A morte. O médico tem familiaridade com a morte. O chamamos para que nos cure e nos alivie, e se não puder fazê-lo, o convocamos para que seja testemunha da nossa morte. O médico circula confortavelmente –é isso que pensamos- entre a vida e a morte.
“Recognition”, palavra difícil de traduzir, porque quer significar identificar, entender, compreender, contato empático. É a pura ação médica, conforme o autor descreve, traduzindo livremente: “A função do médico é reconhecer (entender, compreender) o ser humano. Sei que utilizo esta palavra para incluir técnicas complicadas de psicoterapia, mas na essência, essas técnicas são justamente recursos para entender o ser humano. Para compreender o doente, o médico deve primeiro conhece-lo como pessoa. São cada vez mais raros os médicos que sabem diagnosticar bem; não porque lhes falte conhecimento médico, mas porque não são capazes de levar em conta todos os fatos relevantes –emocionais, históricos, ambientais- e integrá-los com os físicos. Buscam aspectos específicos ao invés de buscar a verdade sobre o enfermo, que lhes sugeriria muitas outras dimensões. Um bom médico é aquele que é capaz de satisfazer as profundas e, com frequência, silenciosas expectativas do enfermo com um sentido de fraternidade. O médico o conhece, sempre. Pode falhar às vezes, mas possui o desejo constante e profundo de um professional que faz questão de conhecer o ser humano”.
Testemunho das vidas dos pacientes. Faz mais do que trata-los. É um testemunha das vidas dos pacientes. Os pacientes não se referem a ele como tal, e somente pensam nele quando precisam. É uma espécie de escrivão que registra as vidas dos que tem à volta. The clerk of their records.
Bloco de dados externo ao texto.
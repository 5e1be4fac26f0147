-- ===== src/Sink/Pads.antt =====
-- `SimpleSink::Pad_` and `Sink::Pad` of src/sink.hpp and src/sink.cpp: how many zeros they write.
use neptools.Prelude.{
  replicate-append, ℕ, ◌+◌, ◌-◌, ◌%◌, ◌^◌, ◌≤◌, ◌<◌, ◌≡◌, refl, sym, ap, ◌∙◌, ◌&&◌, ◌++◌, arith,
  leb, ◌==◌, if◌then◌else◌, length, replicate, min, length-append, length-replicate, append_assoc,
  append-nil, Bool-cases, inl, inr,
}
use native.Mathlib.Nat.{mod-eq-sub-mod, mod-eq_of_lt, mod-lt}
use neptools.Prelude.Bytes.{Bytes}
use neptools.Prelude.Result.{ok}
use neptools.Sink.{Sink, pad_loop, pad_rest, pad}
use neptools.Sink.Writes.{output, IsSink, Wrote, buffered-IsSink}
use neptools.Sink.PadLoop.{pad_loop-LoopEnds}

module _ (chunk : ℕ) (positive : 0 < chunk) where
  -- The zeros that `Pad_` writes behind a full buffer, of `len` that it should write.
  abbrev pub kept_zeros : ℕ → ℕ
  kept_zeros len = if leb chunk len && len % chunk == 0 then len - chunk else len

  pad_rest-big :
      (len last : ℕ) (bytes : Bytes) (s : Sink)
      → length s.buf ≡ chunk
      → chunk ≤ len
      → pad_loop chunk len chunk len ≡ ok (bytes, last)
      → pad_rest chunk len s
        ≡ ok (record {
          written = output s ++ bytes;
          buf = replicate (len % chunk) 0;
          offset = ((s.offset + length s.buf) % 2 ^ 64 + last - chunk) % 2 ^ 64;
          size = s.size;
        })
  unfolding pad_rest
  pad_rest-big len last bytes s full big e = ground (arith, e)

  pad_rest-small :
      (len : ℕ) (s : Sink)
      → length s.buf ≡ chunk
      → len < chunk
      → pad_rest chunk len s
        ≡ ok (record {
          written = output s;
          buf = replicate len 0;
          offset = (s.offset + length s.buf) % 2 ^ 64;
          size = s.size;
        })
  unfolding pad_rest
  pad_rest-small len s full small =
      let same : len % chunk ≡ len = mod-eq_of_lt small in ground arith

  -- How far the loop went, and the zeros that it left to the buffer.
  loop_total :
      (len last : ℕ)
      → chunk ≤ len
      → ((len - chunk) % chunk ≡ 0 → last ≡ len)
      → (0 < (len - chunk) % chunk → last + (len - chunk) % chunk ≡ len + chunk)
      → chunk ≤ last
      → (last - chunk + len % chunk ≡ kept_zeros len) × (kept_zeros len ≤ len)
  loop_total len last big even odd forward =
      let same : len % chunk ≡ (len - chunk) % chunk = mod-eq-sub-mod {n = len} {m = chunk} big in
      elim (Bool-cases (len % chunk == 0)) [
        | inl z ↦ let e : last ≡ len = even (sym same ∙ ground arith) in ground arith
        | inr n ↦
            let p : 0 < len % chunk = ground arith in
            let e : last + (len - chunk) % chunk ≡ len + chunk = odd (omega arith) in ground arith
      ]

  pad_rest-Wrote :
      (len : ℕ) (s : Sink)
      → IsSink chunk s
      → length s.buf ≡ chunk
      → length (output s) + len ≤ s.size
      → Wrote chunk s (replicate (kept_zeros len) 0) (pad_rest chunk len s)
  pad_rest-Wrote len s w full fits = elim (Bool-cases (leb chunk len)) [
    | inr c ↦
        let small : len < chunk = ground arith in
        let keeps : kept_zeros len ≡ len = ground arith in
        let a = length-append s.written s.buf in
        let b = length-append (output s) (replicate len 0) in
        let z : length (replicate {A = ℕ} len 0) ≡ len = length-replicate len 0 in
        record {
          after = record {
            written = output s;
            buf = replicate len 0;
            offset = (s.offset + length s.buf) % 2 ^ 64;
            size = s.size;
          };
          result = pad_rest-small len s full small;
          sink = record {
            room = omega arith;
            place = omega (arith, w.place, w.bounded, w.fits);
            bounded = w.bounded;
            fits = omega arith;
          };
          same_size = refl;
          appended = ap (λ k. output s ++ replicate k 0) (sym keeps);
        }
    | inl c ↦
        let big : chunk ≤ len = ground arith in
        let q = pad_loop-LoopEnds chunk positive len chunk len big (omega arith) in
        let (total, below) = loop_total len q.last big q.even q.odd q.forward in
        let zeros : Bytes = replicate (q.last - chunk) 0 in
        let end : Bytes = replicate (len % chunk) 0 in
        let a = length-append s.written s.buf in
        let b = length-append (output s) zeros in
        let d = length-append (output s ++ zeros) end in
        let x : length zeros ≡ q.last - chunk = length-replicate (q.last - chunk) 0 in
        let y : length end ≡ len % chunk = length-replicate (len % chunk) 0 in
        record {
          after = record {
            written = output s ++ zeros;
            buf = end;
            offset = ((s.offset + length s.buf) % 2 ^ 64 + q.last - chunk) % 2 ^ 64;
            size = s.size;
          };
          result = pad_rest-big len q.last zeros s full big q.result;
          sink = record {
            room = omega (arith, y, mod-lt len positive);
            place = omega (arith, w.place, w.bounded, w.fits, q.forward, total, below, a, b, x);
            bounded = w.bounded;
            fits = omega (arith, total, below, a, b, d, x, y);
          };
          same_size = refl;
          appended =
              append_assoc (output s) zeros end
              ∙ ap (λ xs. output s ++ xs) (replicate-append (q.last - chunk) (len % chunk) 0)
              ∙ ap (λ k. output s ++ replicate k 0) total;
        }
  ]

  -- What `Pad` leaves to `Pad_`.
  abbrev pub pad_left_over : ℕ → Sink → ℕ
  pad_left_over len s = len - min len (chunk - length s.buf)

  -- The zeros that `Pad` writes.
  abbrev pub padded : ℕ → Sink → ℕ
  padded len s = min len (chunk - length s.buf) + kept_zeros (pad_left_over len s)

  pad-all :
      (len : ℕ) (s : Sink)
      → length (output s) + len ≤ s.size
      → IsSink chunk s
      → pad_left_over len s ≡ 0
      → pad chunk len s
        ≡ ok (record s { buf = s.buf ++ replicate (min len (chunk - length s.buf)) 0 })
  unfolding pad
  pad-all len s fits w none = ground (arith, w.place, w.bounded, length-append s.written s.buf)

  pad-more :
      (len : ℕ) (s : Sink) {r : Sink}
      → length (output s) + len ≤ s.size
      → IsSink chunk s
      → 0 < pad_left_over len s
      → pad_rest chunk
          (pad_left_over len s)
          (record s { buf = s.buf ++ replicate (min len (chunk - length s.buf)) 0 })
        ≡ ok r
      → pad chunk len s ≡ ok r
  unfolding pad
  pad-more len s fits w some e =
      ground (arith, w.place, w.bounded, length-append s.written s.buf, e)

  -- `Pad` of a length that fits into the rest of a sink's size succeeds. It writes as many zeros as
  -- it should, or a whole chunk less: the latter exactly if what is left when the buffer is full is a
  -- positive multiple of the chunk.
  pub pad-Wrote :
      (len : ℕ) (s : Sink)
      → IsSink chunk s
      → length (output s) + len ≤ s.size
      → Wrote chunk s (replicate (padded len s) 0) (pad chunk len s)
  pad-Wrote len s w fits =
      let cp = min len (chunk - length s.buf) in
      let left = pad_left_over len s in
      let front : Bytes = replicate cp 0 in
      let t : Sink = record s { buf = s.buf ++ front } in
      let front_len : length front ≡ cp = length-replicate cp 0 in
      let left_len : length (replicate {A = ℕ} left 0) ≡ left = length-replicate left 0 in
      let ready =
        buffered-IsSink chunk front (replicate left 0) s w (omega (arith, w.room)) (omega arith) in
      let t_len = length-append s.buf front in
      let out_t = length-append s.written (s.buf ++ front) in
      let out_s = length-append s.written s.buf in
      let joined : (k : ℕ) → output t ++ replicate k 0 ≡ output s ++ replicate (cp + k) 0 = λ k.
        ap (λ xs. xs ++ replicate k 0) (sym (append_assoc s.written s.buf front))
        ∙ append_assoc (output s) front (replicate k 0)
        ∙ ap (λ xs. output s ++ xs) (replicate-append cp k 0) in
      elim (Bool-cases (left == 0)) [
        | inl z ↦
            let none : left ≡ 0 = ground arith in
            let zeros : cp + kept_zeros left ≡ cp + 0 = ground (arith, positive) in
            record {
              after = t;
              result = pad-all len s fits w none;
              sink = ready;
              same_size = refl;
              appended =
                  sym (append-nil (output t))
                  ∙ joined 0
                  ∙ ap (λ k. output s ++ replicate k 0) (sym zeros);
            }
        | inr n ↦
            let some : 0 < left = ground arith in
            let m = pad_rest-Wrote left t ready (omega (arith, w.room)) (omega arith) in
            record {
              after = m.after;
              result = pad-more len s fits w some m.result;
              sink = m.sink;
              same_size = m.same_size;
              appended = m.appended ∙ joined (kept_zeros left);
            }
      ]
Ativismo. Exceto quando está tratando com os pacientes, é uma pessoa impaciente. É incapaz de estar sem fazer nada, incapaz de descansar. Dorme fácil mas no fundo agradece quando é acordado para atender alguém durante a noite. Custa-lhe aceitar uma vida normal. Talvez porque, sendo consciente ou não, preenche com trabalho o tempo que dedicaria e refletir sobre as angústias que lhe cercam, provenientes do sofrimento dos seus pacientes.
Honorários. As duas últimas páginas são excepcionais, pois abordam o difícil tema do valor de uma atividade como a do Dr. Sassall. Qual é o valor social que se dá a aliviar o sofrimento e a dor? Quando se trata de valorar um procedimento (cirúrgico) ou uma descoberta científica, as medidas são mais adequáveis. Porém, quando do que se trata é de medir a contribuição normal e quotidiana de um médico rural, de um generalista, o assunto é mais complicado.
As Crises. O ponto anterior, não saber medir o valor do ordinário, faz com que o idealismo médico da juventude se transforme em cinismo, pois o médico já não é capaz de saber o valor da sua vida, e externamente também ninguém lhe ajuda, nem reconhece isto.
A conclusão que se pode tirar disto, é que é preciso uma motivação intrínseca e transcendental para superar essas crises, que sempre chegam. O vemos diariamente.
Erros. Tem mais consciência dos próprios erros do que a maioria dos médicos. Não porque cometa mais, ou porque saiba menos. Mas porque chama erros o que muitos outros médicos denominam –talvez com alguma justificativa- complicações desafortunadas.